事業概要
E01573は、水処理技術を核としたソリューションを提供する企業グループである。主要な事業セグメントは「電子市場」と「一般水処理市場」に大別される。電子市場向け事業では、半導体製造プロセスに不可欠な超純水供給装置や関連サービスを中心に、国内外の半導体メーカーを顧客としている。近年の半導体産業の活発な設備投資需要を取り込み、事業を拡大させている。一般水処理市場向け事業では、化学薬品、水処理装置の販売、メンテナンス、コンサルティングなど、幅広い産業分野の顧客に対して、水資源の有効活用、環境負荷低減、省エネルギー化に貢献するソリューションを提供している。特に、CSV(Creating Shared Value)ビジネスの展開に注力しており、社会課題解決と経済価値創出の両立を目指している。M&Aやグローバル展開も積極的に行い、事業基盤の強化と新規事業の創出を進めている。2026年3月期における海外売上比率は47.4%と、グローバルに事業を展開していることが特徴である。
直近決算ハイライト
2026年3月期の業績は、売上高が4,029億円で前期比-1.5%となった。これは、主に電子市場における水処理装置の大型案件の売上計上の反動減が影響した。一方で、営業利益は583億円(前期比+86.4%)、経常利益は582億円(前期比+82.8%)と大幅に増加した。この利益増加は、一般水処理セグメントにおけるCSVビジネスの伸長による原価率の改善や、子会社であったクリタ・フラクタ・ホールディングス社ののれんの減損損失の消滅などが寄与した。しかし、当期純利益は160億円(前期比-21.4%)と減少している。これは、非継続事業となったペンタゴン・テクノロジーズ・グループ社ののれんを含む固定資産の減損損失の増加が主な要因である。セグメント別では、電子市場は水処理装置の減収があったものの、メンテナンス事業の好調や採算性改善により事業利益は増加した。一般水処理市場は、CSVビジネスの伸長や大型案件の獲得により、受注高・売上高ともに増加し、事業利益も大きく伸長した。
強みと競争優位性
E01573の強みは、水処理分野における長年の経験と高度な技術力、そして顧客との強固な関係性にある。特に、半導体製造に不可欠な超純水供給において、高度な技術と安定供給能力は、新規参入障壁となっている。また、電子市場と一般水処理市場という、安定した需要が見込める二つの主要市場を有していることも強みである。CSVビジネスの推進は、環境意識の高まりを捉え、社会価値と経済価値を両立させる独自のビジネスモデルとして競争優位性を確立している。これにより、顧客のCSR(企業の社会的責任)やサステナビリティへの貢献を支援し、長期的なパートナーシップを築いている。さらに、グローバルな事業展開と、各地域に根差したサービス体制も、競争優位性に貢献している。技術開発への継続的な投資と、顧客ニーズを捉えた新製品・サービスのタイムリーな提供能力も、競争環境下での優位性を維持する上で重要である。
リスク要因
同社の事業運営にはいくつかのリスク要因が存在する。まず、経済・市場の状況、特に電子市場においては、顧客である半導体メーカーの設備投資動向や経営状況に収益が左右される可能性がある。また、世界経済の景気後退や地政学リスク、通商政策の変更などは、需要の変動やサプライチェーンの混乱、資材調達コストの上昇を招く恐れがある。
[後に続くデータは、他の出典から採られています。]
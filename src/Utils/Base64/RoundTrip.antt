-- ===== src/Utils/Base64/RoundTrip.antt =====
-- The decoder of lib/utils.c on what the encoder writes.
use mathlib.Core.List.{append-nil, append_assoc}
use hsbsw.Prelude.{
  ℕ, ◌+◌, ◌*◌, ◌/◌, ◌%◌, ◌≡◌, refl, sym, ap, ◌∙◌, true, List, [], ◌∷◌, ◌++◌, Option, some, All,
  length, arith,
}
use hsbsw.Network.Field.{◌>>=◌}
use hsbsw.Utils.Base64.{encrypt_b64, Decoder, decode_loop, decode_end, decode_b64}
use hsbsw.Utils.Base64.Reference.{pad, group, base64}
use hsbsw.Utils.Base64.Laws.{IsByte, encrypt_b64-base64, length-base64}
use hsbsw.Utils.Base64.Digits.{after_2, after_3, after_4}

abbrev finished : Option (ℕ × Decoder) → Option (ℕ × List ℕ)
finished o = do (ch, d) ← o; some (decode_end ch d)

-- The three bytes of a group, from its digits.
byte_0 : (a n : ℕ) → n / 65536 ≡ a → 4 * (n / 262144) + n / 4096 % 64 / 16 ≡ a
byte_0 a n e = omega (arith, e)

byte_1 : (n : ℕ) → 16 * (n / 4096 % 64 % 16) + n / 64 % 64 / 4 ≡ n / 256 % 256
byte_1 n = omega arith

byte_2 : (n : ℕ) → 64 * (n / 64 % 64 % 4) + n % 64 ≡ n % 256
byte_2 n = omega arith

group-bytes :
    (a b c : ℕ)
    → IsByte a
    → IsByte b
    → IsByte c
    → (4 * (group a b c / 262144) + group a b c / 4096 % 64 / 16 ≡ a)
      × (16 * (group a b c / 4096 % 64 % 16) + group a b c / 64 % 64 / 4 ≡ b)
      × (64 * (group a b c / 64 % 64 % 4) + group a b c % 64 ≡ c)
group-bytes a b c h k l = (
  byte_0 a (group a b c) (omega arith),
  byte_1 (group a b c) ∙ omega arith,
  byte_2 (group a b c) ∙ omega arith,
)

-- The ends: no byte is left over, two are, or one.
module _ (i : ℕ) (start : i % 4 ≡ 0) (done : List ℕ) (c : ℕ) where
  end_0 :
      finished (decode_loop (0 ∷ []) 0 (record { i = i; done = done; cur = c }))
      ≡ some (length done, done ++ (0 ∷ []))
  unfolding decode_loop decode_end
  end_0 = refl

  end_3 :
      finished (decode_loop (pad ∷ 0 ∷ []) 1 (record { i = i + 3; done = done; cur = c }))
      ≡ some (length done, done ++ (0 ∷ []))
  unfolding decode_loop decode_end
  end_3 = ground (arith, start)

  end_2 :
      finished (decode_loop (pad ∷ pad ∷ 0 ∷ []) 2 (record { i = i + 2; done = done; cur = c }))
      ≡ some (length done, done ++ (0 ∷ 0 ∷ []))
  unfolding decode_loop decode_end
  end_2 = ground (arith, start)

-- What is left when the bytes `bytes` have been decoded, with `rest` behind the terminator.
abbrev outcome : List ℕ → List ℕ → Option (ℕ × List ℕ)
outcome bytes rest = some (length bytes, bytes ++ (0 ∷ rest))

abbrev state : ℕ → List ℕ → ℕ → Decoder
state i done c = record { i = i; done = done; cur = c }

decode_base64 :
    (src done : List ℕ) (i c : ℕ)
    → i % 4 ≡ 0
    → All IsByte src
    → (rest : List ℕ) × (finished
          (decode_loop (base64 src ++ (0 ∷ [])) (length (base64 src)) (state i done c))
        ≡ outcome (done ++ src) rest)
decode_base64 [] done i c z h =
    ([], end_0 i z done c ∙ ap (λ bytes. outcome bytes []) (sym (append-nil done)))
decode_base64 (a ∷ []) done i c z h = (
  0 ∷ [],
  ap finished (after_2 i z done _ _ c 2 (pad ∷ pad ∷ 0 ∷ []) (omega (arith, h.0)) (omega arith))
      ∙ end_2 i z _ _
      ∙ ap (λ x. outcome (done ++ (x ∷ [])) (0 ∷ []))
          (group-bytes a 0 0 h.0 (omega arith) (omega arith)).0,
)
decode_base64 (a ∷ b ∷ []) done i c z h =
    let (p, q, r) = group-bytes a b 0 h.0 h.1.0 (omega arith) in
    (
      [],
      ap finished (
            after_3 i z done _ _ _ c 1 (pad ∷ 0 ∷ []) (omega (arith, h.0)) (omega arith)
              (omega arith))
          ∙ end_3 i z _ _
          ∙ ap
              (λ x.
                outcome
                  (done
                    ++ (x ∷ (16 * (group a b 0 / 4096 % 64 % 16) + group a b 0 / 64 % 64 / 4) ∷ []))
                  [])
              p
          ∙ ap (λ y. outcome (done ++ (a ∷ y ∷ [])) []) q,
    )
decode_base64 (a ∷ b ∷ e ∷ src) done i c z h =
    let (p, q, r) = group-bytes a b e h.0 h.1.0 h.1.1.0 in
    let (rest, ih) =
      decode_base64 src (done ++ (a ∷ b ∷ e ∷ [])) (i + 4) (64 * (group a b e / 64 % 64 % 4))
        (omega arith) h.1.1.1 in
    (
      rest,
      ap finished (
            after_4 i z done (group a b e / 262144) (group a b e / 4096 % 64)
              (group a b e / 64 % 64) (group a b e % 64) c (length (base64 src))
              (base64 src ++ (0 ∷ [])) (omega (arith, h.0)) (omega arith) (omega arith)
              (omega arith))
          ∙ rw (p, q, r) ih
          ∙ ap (λ bytes. outcome bytes rest) (append_assoc done (a ∷ b ∷ e ∷ []) src),
    )

-- Decoding what the encoder has written, with the length that it returns, gives the bytes back, with
-- their number and a terminator behind them, for any bytes and pointers that are not NULL.
pub decode_b64-encrypt_b64 :
    (src : List ℕ)
    → All IsByte src
    → (rest : List ℕ) × (decode_b64 true
          (encrypt_b64 true (some src)).1
          (encrypt_b64 true (some src)).0
        ≡ some (length src, src ++ (0 ∷ rest)))
unfolding decode_b64
decode_b64-encrypt_b64 src h =
    let (rest, e) = decode_base64 src [] 0 0 refl h in
    (
      rest,
      ap (λ (r : ℕ × List ℕ). decode_b64 true r.1 r.0)
            (encrypt_b64-base64 src h
              ∙ ap (λ n. (n, base64 src ++ (0 ∷ []))) (sym (length-base64 src)))
          ∙ e,
    )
原材料・エネルギーコストの高騰も、収益性を圧迫する要因となり得る。さらに、技術革新のスピードが速い市場においては、競争優位性のある製品・サービスを継続的に提供できないリスクも存在する。海外事業展開においては、各国の法規制変更や政治・経済の混乱、治安悪化などが事業運営に支障をきたす可能性がある。為替変動リスクも、海外売上比率の高さから無視できない要因である。大規模自然災害や情報システム、サイバーセキュリティに関するリスクも、事業継続に影響を与える可能性がある。
投資テーマとの関連
E01573は、いくつかの重要な投資テーマと関連が深い。まず、半導体産業の設備投資拡大というテーマにおいて、電子市場向け事業は直接的な恩恵を受ける。AIやIoT、EV(電気自動車)の普及に伴う半導体需要の増加は、同社の超純水供給装置や関連サービスの需要を押し上げる要因となる。また、環境(Environment)という観点では、CSVビジネスの推進やGHG排出削減、節水への貢献は、サステナビリティ投資やESG投資のテーマと強く合致している。水資源の有効活用や環境保全技術は、地球規模の課題解決に貢献するものであり、長期的な視点での投資妙味がある。さらに、安全保障の観点から重要性が増している国内製造業のサプライチェーン強靭化や、地政学リスクの高まりを受けた資源・エネルギー問題への対応といったテーマとも、間接的に関連していると言える。